--- Records to use ---
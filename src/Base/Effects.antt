-- ===== src/Base/Effects.antt =====
-- Code that acts on a state and may fail: the state that it leaves is kept also on an error.
use mathlib.Core.Path.{◌≡◌, refl}
use mathlib.Core.Logic.{◌⊎◌, inl, inr}
use mathlib.Core.Bool.{Bool, true, false}
use native.Mathlib.Omega.{arith}
use netflix_pbrd.Base.Tests.{if◌then◌else◌}
use netflix_pbrd.Base.Results.{Result, ok, err, Error, wrapped, Text}

abbrev pub Io : Type 0 → Type 0 → Type 0
Io W A = W → W × Result A

abbrev pub then_io : {W A B : Type 0} → (A → Io W B) → W × Result A → W × Result B
then_io f (w, ok a) = f a w
then_io f (w, err e) = (w, err e)

infixl 5 ◌>>=◌ ◌>>◌
abbrev pub ◌>>=◌ : {W A B : Type 0} → (W → W × Result A) → (A → W → W × Result B) → W → W × Result B
◌>>=◌ m f w = then_io f (m w)

abbrev pub ◌>>◌ :
    {W B : Type 0} → (W → W × Result (Unit {0})) → (W → W × Result B) → W → W × Result B
◌>>◌ m k w = then_io (λ _. k) (m w)

abbrev pub pure : {W A : Type 0} → A → W → W × Result A
pure a w = (w, ok a)

abbrev pub fail : {W A : Type 0} → Error → W → W × Result A
fail e w = (w, err e)

abbrev pub lift : {W A : Type 0} → Result A → W → W × Result A
lift r w = (w, r)

abbrev pub when : {W : Type 0} → Bool → (W → W × Result (Unit {0})) → W → W × Result (Unit {0})
when true m w = m w
when false m w = (w, ok tt)

-- `fmt.Errorf` around the error of a call.
abbrev wrap_result : {W A : Type 0} → Text → W × Result A → W × Result A
wrap_result prefix (w, ok a) = (w, ok a)
wrap_result prefix (w, err e) = (w, err (wrapped prefix e))

abbrev pub wrap_error : {W A : Type 0} → Text → (W → W × Result A) → W → W × Result A
wrap_error prefix m w = wrap_result prefix (m w)

-- A call whose error is a value of the code: `err := f()`.
abbrev caught : {W A : Type 0} → W × Result A → W × Result (Result A)
caught (w, r) = (w, ok r)

abbrev pub catch : {W A : Type 0} → (W → W × Result A) → W → W × Result (Result A)
catch m w = caught (m w)

-- The parts of a run that succeeds.
pub >>=-eq-ok :
    {W A B : Type 0} (m : Io W A) (f : A → Io W B) (w : W) {w' : W} {b : B}
    → (m >>= f) w ≡ (w', ok b)
    → (a : A) × (v : W) × (m w ≡ (v, ok a)) × (f a v ≡ (w', ok b))
>>=-eq-ok {W} {A} {B} m f w {w'} {b} h = split (m w) refl h
  where
    split :
        (r : W × Result A)
        → m w ≡ r
        → then_io f r ≡ (w', ok b)
        → (a : A) × (v : W) × (m w ≡ (v, ok a)) × (f a v ≡ (w', ok b))
    split (v, ok a) e k = (a, v, e, k)
    split (v, err x) e k = absurd (ground arith)

-- A predicate on the state that a piece of code keeps, whatever its result.
abbrev pub Keeps : {W A : Type 0} → (W → Type 0) → (W → W × Result A) → Type 0
Keeps {W} P m = (w : W) → P w → P (m w).0

pub Keeps->>= :
    {W A B : Type 0} (P : W → Type 0) (m : Io W A) (f : A → Io W B)
    → Keeps P m
    → ((a : A) → Keeps P (f a))
    → Keeps P (m >>= f)
Keeps->>= {W} {A} P m f hm hf w p = split (m w) (hm w p)
  where
    split : (r : W × Result A) → P r.0 → P (then_io f r).0
    split (v, ok a) q = hf a v q
    split (v, err e) q = q

pub Keeps->> :
    {W B : Type 0} (P : W → Type 0) (m : Io W (Unit {0})) (k : Io W B)
    → Keeps P m
    → Keeps P k
    → Keeps P (m >> k)
Keeps->> P m k hm hk = Keeps->>= P m (λ _. k) hm (λ _. hk)

-- A sequence either goes on behind its first part, or ends with the error of it.
pub >>=-cases :
    {W A B : Type 0} (m : Io W A) (f : A → Io W B) (w : W)
    → ((a : A) × (v : W) × (m w ≡ (v, ok a)) × ((m >>= f) w ≡ f a v))
      ⊎ ((e : Error) × (v : W) × (m w ≡ (v, err e)) × ((m >>= f) w ≡ (v, err e)))
>>=-cases {W} {A} {B} m f w = split (m w) refl
  where
    split :
        (r : W × Result A)
        → m w ≡ r
        → ((a : A) × (v : W) × (m w ≡ (v, ok a)) × (then_io f r ≡ f a v))
          ⊎ ((e : Error) × (v : W) × (m w ≡ (v, err e)) × (then_io f r ≡ (v, err e)))
    split (v, ok a) e = inl (a, v, e, refl)
    split (v, err x) e = inr (x, v, e, refl)

pub Keeps-if :
    {W A : Type 0} (P : W → Type 0) (b : Bool) (f g : W → W × Result A)
    → Keeps P f
    → Keeps P g
    → Keeps P (if b then f else g)
Keeps-if P true f g hf hg w p = hf w p
Keeps-if P false f g hf hg w p = hg w p

pub Keeps-when :
    {W : Type 0} (P : W → Type 0) (b : Bool) (f : W → W × Result (Unit {0}))
    → Keeps P f
    → Keeps P (when b f)
Keeps-when P true f h w p = h w p
Keeps-when P false f h w p = p

pub Keeps-catch :
    {W A B : Type 0} (P : W → Type 0) (m : Io W A) (f : Result A → Io W B)
    → Keeps P m
    → ((r : Result A) → Keeps P (f r))
    → Keeps P (catch m >>= f)
Keeps-catch P m f h k w p = k (m w).1 (m w).0 (h w p)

--- Aim of the task ---
The answer must be a word-for-word restatement of the records.

--- Solution to the problem ---
filename src/Base/Effects.antt
-- ===== src/Base/Effects.antt =====
-- Code that acts on a state and may fail: the state that it leaves is kept also on an error.
use mathlib.Core.Path.{◌≡◌, refl}
use mathlib.Core.Logic.{◌⊎◌, inl, inr}
use mathlib.Core.Bool.{Bool, true, false}
use native.Mathlib.Omega.{arith}
use netflix_pbrd.Base.Tests.{if◌then◌else◌}
use netflix_pbrd.Base.Results.{Result, ok, err, Error, wrapped, Text}

abbrev pub Io : Type 0 → Type 0 → Type 0
Io W A = W → W × Result A

abbrev pub then_io : {W A B : Type 0} → (A → Io W B) → W × Result A → W × Result B
then_io f (w, ok a) = f a w
then_io f (w, err e) = (w, err e)

infixl 5 ◌>>=◌ ◌>>◌
abbrev pub ◌>>=◌ : {W A B : Type 0} → (W → W × Result A) → (A → W → W × Result B) → W → W × Result B
◌>>=◌ m f w = then_io f (m w)

abbrev pub ◌>>◌ :
    {W B : Type 0} → (W → W × Result (Unit {0})) → (W → W × Result B) → W → W × Result B
◌>>◌ m k w = then_io (λ _. k) (m w)

abbrev pub pure : {W A : Type 0} → A → W → W × Result A
pure a w = (w, ok a)

abbrev pub fail : {W A : Type 0} → Error → W → W × Result A
fail e w = (w, err e)

abbrev pub lift : {W A : Type 0} → Result A → W → W × Result A
lift r w = (w, r)

abbrev pub when : {W : Type 0} → Bool → (W → W × Result (Unit {0})) → W → W × Result (Unit {0})
when true m w = m w
when false m w = (w, ok tt)

-- `fmt.Errorf` around the error of a call.
abbrev wrap_result : {W A : Type 0} → Text → W × Result A → W × Result A
wrap_result prefix (w, ok a) = (w, ok a)
wrap_result prefix (w, err e) = (w, err (wrapped prefix e))

abbrev pub wrap_error : {W A : Type 0} → Text → (W → W × Result A) → W → W × Result A
wrap_error prefix m w = wrap_result prefix (m w)

-- A call whose error is a value of the code: `err := f()`.
abbrev caught : {W A : Type 0} → W × Result A → W × Result (Result A)
caught (w, r) = (w, ok r)

abbrev pub catch : {W A : Type 0} → (W → W × Result A) → W → W × Result (Result A)
catch m w = caught (m w)

-- The parts of a run that succeeds.
pub >>=-eq-ok :
    {W A B : Type 0} (m : Io W A) (f : A → Io W B) (w : W) {w' : W} {b : B}
    → (m >>= f) w ≡ (w', ok b)
    → (a : A) × (v : W) × (m w ≡ (v, ok a)) × (f a v ≡ (w', ok b))
>>=-eq-ok {W} {A} {B} m f w {w'} {b} h = split (m w) refl h
  where
    split :
        (r : W × Result A)
        → m w ≡ r
        → then_io f r ≡ (w', ok b)
        → (a : A) × (v : W) × (m w ≡ (v, ok a)) × (f a v ≡ (w', ok b))
    split (v, ok a) e k = (a, v, e, k)
    split (v, err x) e k = absurd (ground arith)

-- A predicate on the state that a piece of code keeps, whatever its result.
abbrev pub Keeps : {W A : Type 0} → (W → Type 0) → (W → W × Result A) → Type 0
Keeps {W} P m = (w : W) → P w → P (m w).0

pub Keeps->>= :
    {W A B : Type 0} (P : W → Type 0) (m : Io W A) (f : A → Io W B)
    → Keeps P m
    → ((a : A) → Keeps P (f a))
    → Keeps P (m >>= f)
Keeps->>= {W} {A} P m f hm hf w p = split (m w) (hm w p)
  where
    split : (r : W × Result A) → P r.0 → P (then_io f r).0
    split (v, ok a) q = hf a v q
    split (v, err e) q = q

pub Keeps->> :
    {W B : Type 0} (P : W → Type 0) (m : Io W (Unit {0})) (k : Io W B)
    → Keeps P m
    → Keeps P k
    → Keeps P (m >> k)
Keeps->> P m k hm hk = Keeps->>= P m (λ _. k) hm (λ _. hk)

-- A sequence either goes on behind its first part, or ends with the error of it.
pub >>=-cases :
    {W A B : Type 0} (m : Io W A) (f : A → Io W B) (w : W)
    → ((a : A) × (v : W) × (m w ≡ (v, ok a)) × ((m >>= f) w ≡ f a v))
      ⊎ ((e : Error) × (v : W) × (m w ≡ (v, err e)) × ((m >>= f) w ≡ (v, err e)))
>>=-cases {W} {A} {B} m f w = split (m w) refl
  where
    split :
        (r : W × Result A)
        → m w ≡ r
        → ((a : A) × (v : W) × (m w ≡ (v, ok a)) × (then_io f r ≡ f a v))
          ⊎ ((e : Error) × (v : W) × (m w ≡ (v, err e)) × (then_io f r ≡ (v, err e)))
    split (v, ok a) e = inl (a, v, e, refl)
    split (v, err x) e = inr (x, v, e, refl)

pub Keeps-if :
    {W A : Type 0} (P : W → Type 0) (b : Bool) (f g : W → W × Result A)
    → Keeps P f
    → Keeps P g
    → Keeps P (if b then f else g)
Keeps-if P true f g hf hg w p = hf w p
Keeps-if P false f g hf hg w p = hg w p

pub Keeps-when :
    {W : Type 0} (P : W → Type 0) (b : Bool) (f : W → W × Result (Unit {0}))
    → Keeps P f
    → Keeps P (when b f)
Keeps-when P true f h w p = h w p
Keeps-when P false f h w p = p

pub Keeps-catch :
    {W A B : Type 0} (P : W → Type 0) (m : Io W A) (f : Result A → Io W B)
    → Keeps P m
    → ((r : Result A) → Keeps P (f r))
    → Keeps P (catch m >>= f)
Keeps-catch P m f h k w p = k (m w).1 (m w).0 (h w p)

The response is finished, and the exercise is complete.